Underground Experiment 

TheatreLab explores the exciting possibilities of its new home, the Basement.

click to enlarge TheatreLab co-founders Annie Colpitts and Deejay Gray in their new Broad Street performance space, which opens Oct. 24 with “Hedwig and the Angry Inch” starring Matt Shofner.

Scott Elmquist

TheatreLab co-founders Annie Colpitts and Deejay Gray in their new Broad Street performance space, which opens Oct. 24 with “Hedwig and the Angry Inch” starring Matt Shofner.

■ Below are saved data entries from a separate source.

-- ===== src/Session/Store/Chain.antt =====
-- pkgs/host/session/src/store.rs: the digest chain of a session, and what appends do to it.
use jan_klod.Common.{
  ℕ, ◌≡◌, ◌≢◌, ◌↔◌, ◌⊎◌, refl, ap, String, List, [], ◌∷◌, ◌++◌, map, map-append, Option, none, some,
  arith, eq_iff, inl, inr, Result, ok,
}
use jan_klod.Session.Store.{
  Row, Store, logged, of_session, session_rows, session_events, ChainStatus, intact, VerifyError,
  compute_event_digest, last_digest, next_row, append_event_at, check_digest, check_rows,
  check_first, verify_rows, verify_chain,
}
use jan_klod.Session.Store.Rows.{
  Below, max_seq-Below, session_rows-concat, session_rows-concat_other,
}

module _ (sha256 : String → String) where
  -- The chain as it is meant: each row holds the digest of the one before it.
  abbrev pub Follows : Row → List Row → Type 0
  Follows prev [] = Unit
  Follows prev (r ∷ rs) = (r.prev_digest ≡ some (compute_event_digest sha256 prev)) × Follows r rs

  abbrev pub Linked : List Row → Type 0
  Linked [] = Unit
  Linked (r ∷ rs) = (r.prev_digest ≡ none) × Follows r rs

  check_digest_iff :
      (prev r : Row) (rest : ChainStatus) (o : Option String)
      → (check_digest sha256 prev r rest o ≡ intact)
        ↔ ((o ≡ some (compute_event_digest sha256 prev)) × (rest ≡ intact))
  unfolding check_digest
  check_digest_iff prev r rest none = ground arith
  check_digest_iff prev r rest (some stored) =
      ground (arith, eq_iff stored (compute_event_digest sha256 prev))

  check_rows-Follows :
      (prev : Row) (rs : List Row) → (check_rows sha256 prev rs ≡ intact) ↔ Follows prev rs
  unfolding check_rows
  check_rows-Follows prev [] = (λ h. tt, λ h. refl)
  check_rows-Follows prev (r ∷ rs) =
      let (to, from) = check_digest_iff prev r (check_rows sha256 r rs) r.prev_digest in
      let (ih, hi) = check_rows-Follows r rs in
      (λ h. ((to h).0, ih (to h).1), λ h. from (h.0, hi h.1))

  check_first_iff :
      (r : Row) (rest : ChainStatus) (o : Option String)
      → (check_first sha256 r rest o ≡ intact) ↔ ((o ≡ none) × (rest ≡ intact))
  unfolding check_first
  check_first_iff r rest none = ground arith
  check_first_iff r rest (some d) = ground arith

  ok-injective :
      (s : ChainStatus) → ◌≡◌ {A = Result ChainStatus VerifyError} (ok s) (ok intact) → s ≡ intact
  ok-injective s h = cc

  verify_rows_iff :
      (session : String) (rs : List Row)
      → (verify_rows sha256 session rs ≡ ok intact) ↔ ((rs ≢ []) × Linked rs)
  unfolding verify_rows
  verify_rows_iff session [] = (λ h. cc, λ h. absurd (h.0 refl))
  verify_rows_iff session (r ∷ rs) =
      let (to, from) = check_first_iff r (check_rows sha256 r rs) r.prev_digest in
      let (ih, hi) = check_rows-Follows r rs in
      (
        λ h. (λ e. cc, ((to (ok-injective _ h)).0, ih (to (ok-injective _ h)).1)),
        λ h. ap ok (from (h.1.0, hi h.1.1)),
      )

  -- `verify_chain` reports a session's log as intact exactly when the log has a row, its first row
  -- holds no digest, and every later row holds the digest of the row before it.
  pub verify_chain-Linked :
      (store : Store) (session : String)
      → (verify_chain sha256 store session ≡ ok intact)
        ↔ ((session_rows store session ≢ []) × Linked (session_rows store session))
  unfolding verify_chain
  verify_chain-Linked store session = verify_rows_iff session (session_rows store session)

  Follows-concat :
      (prev : Row) (rs : List Row) (m : Row)
      → Follows prev rs
      → m.prev_digest ≡ last_digest sha256 (prev ∷ rs)
      → Follows prev (rs ++ m ∷ [])
  unfolding last_digest
  Follows-concat prev [] m h e = (e, tt)
  Follows-concat prev (r ∷ rs) m (h, hs) e = (h, Follows-concat r rs m hs e)

  Linked-concat :
      (rs : List Row) (m : Row)
      → Linked rs
      → m.prev_digest ≡ last_digest sha256 rs
      → Linked (rs ++ m ∷ [])
  Linked-concat [] m h e = (unfold last_digest in e, tt)
  Linked-concat (r ∷ rs) m (h, hs) e = (h, Follows-concat r rs m hs e)

  concat-ne-nil : (rs : List Row) (m : Row) → rs ++ m ∷ [] ≢ []
  concat-ne-nil [] m e = cc
  concat-ne-nil (r ∷ rs) m e = cc

  module _ (store : Store) (session kind payload : String) (ts : ℕ) where
    abbrev appended : Store
    appended = (append_event_at sha256 store session kind payload ts).1

    pub append_event_at-rows :
        session_rows appended session
        ≡ session_rows store session ++ next_row sha256 store session kind payload ts ∷ []
    unfolding append_event_at next_row
    append_event_at-rows =
        session_rows-concat store.events (next_row sha256 store session kind payload ts)
          (max_seq-Below (of_session session store.events))

    -- An append adds one event to its session, as the last in the log's order and above every number
    -- in use there, and leaves every other session as it is. Kind and payload are stored as given.
    pub append_event_at-session_events :
        (other : String)
        → session ≢ other
        → (session_events appended session
            ≡ session_events store session
              ++ logged (next_row sha256 store session kind payload ts) ∷ [])
          × Below
              (next_row sha256 store session kind payload ts).seq
              (of_session session store.events)
          × (session_events appended other ≡ session_events store other)
    unfolding session_events
    append_event_at-session_events other h = (
      rw append_event_at-rows (
          map-append logged (session_rows store session)
            (next_row sha256 store session kind payload ts ∷ [])),
      unfold next_row in max_seq-Below (of_session session store.events),
      ap (map logged) (
          unfold append_event_at next_row in
          session_rows-concat_other store.events (next_row sha256 store session kind payload ts)
            other h),
    )

    -- Appending keeps a chain intact: after the first event of a session, and after an event on top
    -- of an intact log, `verify_chain` reports the session's log as intact.
    pub append_event_at-verify_chain :
        (session_rows store session ≡ []) ⊎ (verify_chain sha256 store session ≡ ok intact)
        → verify_chain sha256 appended session ≡ ok intact
    append_event_at-verify_chain h = (verify_chain-Linked appended session).1 (
        rw append_event_at-rows
          (concat-ne-nil _ _, Linked-concat _ _ (linked h) (unfold next_row in refl)))
      where
        linked :
            (session_rows store session ≡ []) ⊎ (verify_chain sha256 store session ≡ ok intact)
            → Linked (session_rows store session)
        linked (inl e) = rw e tt
        linked (inr e) = ((verify_chain-Linked store session).0 e).1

Nascent and nomadic, TheatreLab is a Richmond-based ensemble of young actors, directors and playwrights. Its artistic director, Deejay Gray, is always on the lookout. He searches for fresh scripts that will challenge audiences and scans the theatrical horizon for new talent. He monitors the region's 15 or so other theater companies to complement or amplify — or at least not compete with — whatever they're producing.

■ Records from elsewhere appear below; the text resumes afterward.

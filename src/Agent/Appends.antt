-- ===== src/Agent/Appends.antt =====
-- pkgs/host/agent/src/lib.rs: all that a turn does to the store is to append to its session's log.
use jan_klod.Common.{
  ℕ, ◌≡◌, ◌≢◌, ◌⊎◌, refl, sym, ap, ◌∙◌, String, Bool, List, [], ◌∷◌, ◌++◌, map, map-append,
  append_assoc, append-nil, Option, none, some, All, Bool-cases, inl, inr, ok,
}
use jan_klod.Turn.{ToolCall}
use jan_klod.Intercept.Types.{ToolInvoker}
use jan_klod.Conductor.Effects.{Parts, Limits}
use jan_klod.Conductor.Turns.{RunResult}
use jan_klod.Conductor.Clearance.{Keeps}
use jan_klod.Conductor.Clearance.Turn.{run_turn-IsCleared}
use jan_klod.Session.Store.{
  Store, LoggedEvent, session_rows, session_events, append_event_at, verify_chain, intact, next_row,
  logged,
}
use jan_klod.Session.Store.Chain.{
  append_event_at-rows, append_event_at-session_events, append_event_at-verify_chain,
}
use jan_klod.Session.Persist.{
  Logged, append_event, append_encoded, log_user_message, persisting_sink, persisting_driver,
  log_follow_up,
}
use jan_klod.Agent.{logged_parts, run_and_persist, unwarned, history_of}

All-map :
    {A B : Type 0} (Q : B → Type 0) (f : A → B) (xs : List A)
    → ((x : A) → Q (f x))
    → All Q (map f xs)
All-map Q f [] h = tt
All-map Q f (x ∷ xs) h = (h x, All-map Q f xs h)

-- `P` outlasts every append to the log of `session`.
abbrev pub OutlastsAppends : (String → String) → String → (Store → Type 0) → Type 0
OutlastsAppends sha256 session P =
    (store : Store) (kind payload : String) (ts : ℕ)
    → P store
    → P (append_event_at sha256 store session kind payload ts).1

-- The tools do nothing to the store but append to the log of `session`, as the driver that they are
-- handed does.
pub record OnlyAppends {W : Type 0} (sha256 : String → String) (now : W → ℕ) (p : Parts W)
    (tools : ToolInvoker (Logged W)) (session : String) : Type 1 where
  pub binding :
      (P : Store → Type 0)
      → OutlastsAppends sha256 session P
      → (name : String) (s : Logged W) → P s.store
      → P (tools.bind_session name s).store
  pub invoking :
      (P : Store → Type 0)
      → OutlastsAppends sha256 session P
      → (call : ToolCall) (s : Logged W) → P s.store
      → P
          (tools.invoke_asking call
            (persisting_driver p.codec sha256 now session p.driver)
            s).1.store

module _ {W : Type 0} (sha256 : String → String) (now : W → ℕ) (p : Parts W)
    (tools : ToolInvoker (Logged W)) (session : String) (P : Store → Type 0)
    (appends : OutlastsAppends sha256 session P) where
  pub append_encoded_keeps :
      (warned : Bool) (kind payload : String) (s : Logged W)
      → P s.store
      → P (append_encoded p.codec sha256 now session warned kind payload s).1.store
  unfolding append_encoded append_event
  append_encoded_keeps warned kind payload s h = elim (Bool-cases s.poisoned) [
    | inl e ↦ elim (Bool-cases warned) [ inl f ↦ rw (e, f) h | inr f ↦ rw (e, f) h ]
    | inr e ↦ rw e (appends s.store kind payload (now s.inner) h)
  ]

  log_follow_up_keeps :
      (r : Option String × Logged W)
      → P r.1.store
      → P (log_follow_up p.codec sha256 now session r).1.store
  log_follow_up_keeps (none, s) h = h
  log_follow_up_keeps (some message, s) h = append_encoded_keeps _ _ _ s h

  logged_parts-Keeps :
      OnlyAppends sha256 now p tools session
      → Keeps (λ (s : Logged W). P s.store) (logged_parts sha256 now p tools session)
  unfolding logged_parts persisting_sink persisting_driver
  logged_parts-Keeps only = record {
    intercepts = All-map _ _ p.interceptors (λ i x s h. h);
    completes = All-map _ _ p.providers (λ c r s h. h);
    asking = λ q s h. append_encoded_keeps _ _ _ _ (append_encoded_keeps _ _ _ s h);
    following = λ s h. log_follow_up_keeps _ h;
    emitting = λ e s h. append_encoded_keeps _ _ _ s h;
    binding = only.binding P appends;
    invoking = λ c s k h. only.invoking P appends c s h;
  }

  log_user_message_keeps :
      (text : String) (s : Logged W)
      → P s.store
      → P (log_user_message p.codec sha256 now session text s).store
  unfolding log_user_message
  log_user_message_keeps text s h = append_encoded_keeps _ _ _ s h

  run_and_persist_keeps :
      (fuel : ℕ) (limits : Limits) (message : String) (principal : Option String) (s s' : Logged W)
      (r : RunResult)
      → OnlyAppends sha256 now p tools session
      → run_and_persist sha256 now p tools session fuel limits message principal s ≡ some (r, s')
      → P s.store
      → P s'.store
  unfolding run_and_persist
  run_and_persist_keeps fuel limits message principal s s' r only e h =
      run_turn-IsCleared (λ (u : Logged W). P u.store) (logged_parts sha256 now p tools session)
        fuel limits session message (history_of p.codec session s) principal _
        (unwarned sha256 now p tools session s) r s' (logged_parts-Keeps only)
        log_user_message_keeps h e

-- The log of `session` has no row, or `verify_chain` finds it intact.
abbrev pub IsSound : (String → String) → String → Store → Type 0
IsSound sha256 session store =
    (session_rows store session ≡ []) ⊎ (verify_chain sha256 store session ≡ ok intact)

-- `later` has the log of `earlier` with events added at its end, and the other logs as they were.
abbrev pub Grows : String → Store → Store → Type 0
Grows session earlier later =
    ((added : List LoggedEvent) × (session_events later session
        ≡ session_events earlier session ++ added))
    × ((other : String)
        → session ≢ other
        → session_events later other ≡ session_events earlier other)

Grows-append :
    (sha256 : String → String) (session : String) (earlier : Store)
    → OutlastsAppends sha256 session (Grows session earlier)
Grows-append sha256 session earlier store kind payload ts ((added, e), others) = (
  (
    added ++ row ∷ [],
    appended
        ∙ ap (λ (es : List LoggedEvent). es ++ row ∷ []) e
        ∙ append_assoc (session_events earlier session) added (row ∷ []),
  ),
  λ other h.
      (append_event_at-session_events sha256 store session kind payload ts other h).2
      ∙ others other h,
)
  where
    row : LoggedEvent
    row = logged (next_row sha256 store session kind payload ts)

    appended :
        session_events (append_event_at sha256 store session kind payload ts).1 session
        ≡ session_events store session ++ row ∷ []
    appended =
        unfold session_events in
        ap (map logged) (append_event_at-rows sha256 store session kind payload ts)
        ∙ map-append logged (session_rows store session)
            (next_row sha256 store session kind payload ts ∷ [])

module _ {W : Type 0} (sha256 : String → String) (now : W → ℕ) (p : Parts W)
    (tools : ToolInvoker (Logged W)) (session : String)
    (only : OnlyAppends sha256 now p tools session) (fuel : ℕ) (limits : Limits) (message : String)
    (principal : Option String) (s s' : Logged W) (r : RunResult)
    (ran : run_and_persist sha256 now p tools session fuel limits message principal s
      ≡ some (r, s')) where
  -- A turn that comes back leaves the digest chain of its session's log intact, if the log was empty
  -- or intact before and the tools do nothing to the store but append to that log.
  pub run_and_persist-IsSound : IsSound sha256 session s.store → IsSound sha256 session s'.store
  run_and_persist-IsSound h =
      run_and_persist_keeps sha256 now p tools session (IsSound sha256 session)
        (λ store kind payload ts k.
          inr (append_event_at-verify_chain sha256 store session kind payload ts k))
        fuel limits message principal s s' r only ran h

  -- A turn that comes back has only added events at the end of its session's log, and has left the
  -- logs of all other sessions as they were, if the tools do nothing to the store but append to it.
  pub run_and_persist-Grows : Grows session s.store s'.store
  run_and_persist-Grows =
      run_and_persist_keeps sha256 now p tools session (Grows session s.store)
        (Grows-append sha256 session s.store) fuel limits message principal s s' r only ran
        (([], sym (append-nil _)), λ other h. refl)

And then there's scouting for performance spaces. Ah, there's the rub.

"We had trouble finding venues," Gray says of his first season. "It was a scary thing to be a truly mobile theater company."

But in a plot twist in February, it was a venue that found TheatreLab.

Matt Bauserman, who owns a building in downtown's burgeoning arts district, contacted Gray after reading about his involvement in the theater company. Would TheatreLab consider renting the first floor of the empty building at 300 E. Broad St.?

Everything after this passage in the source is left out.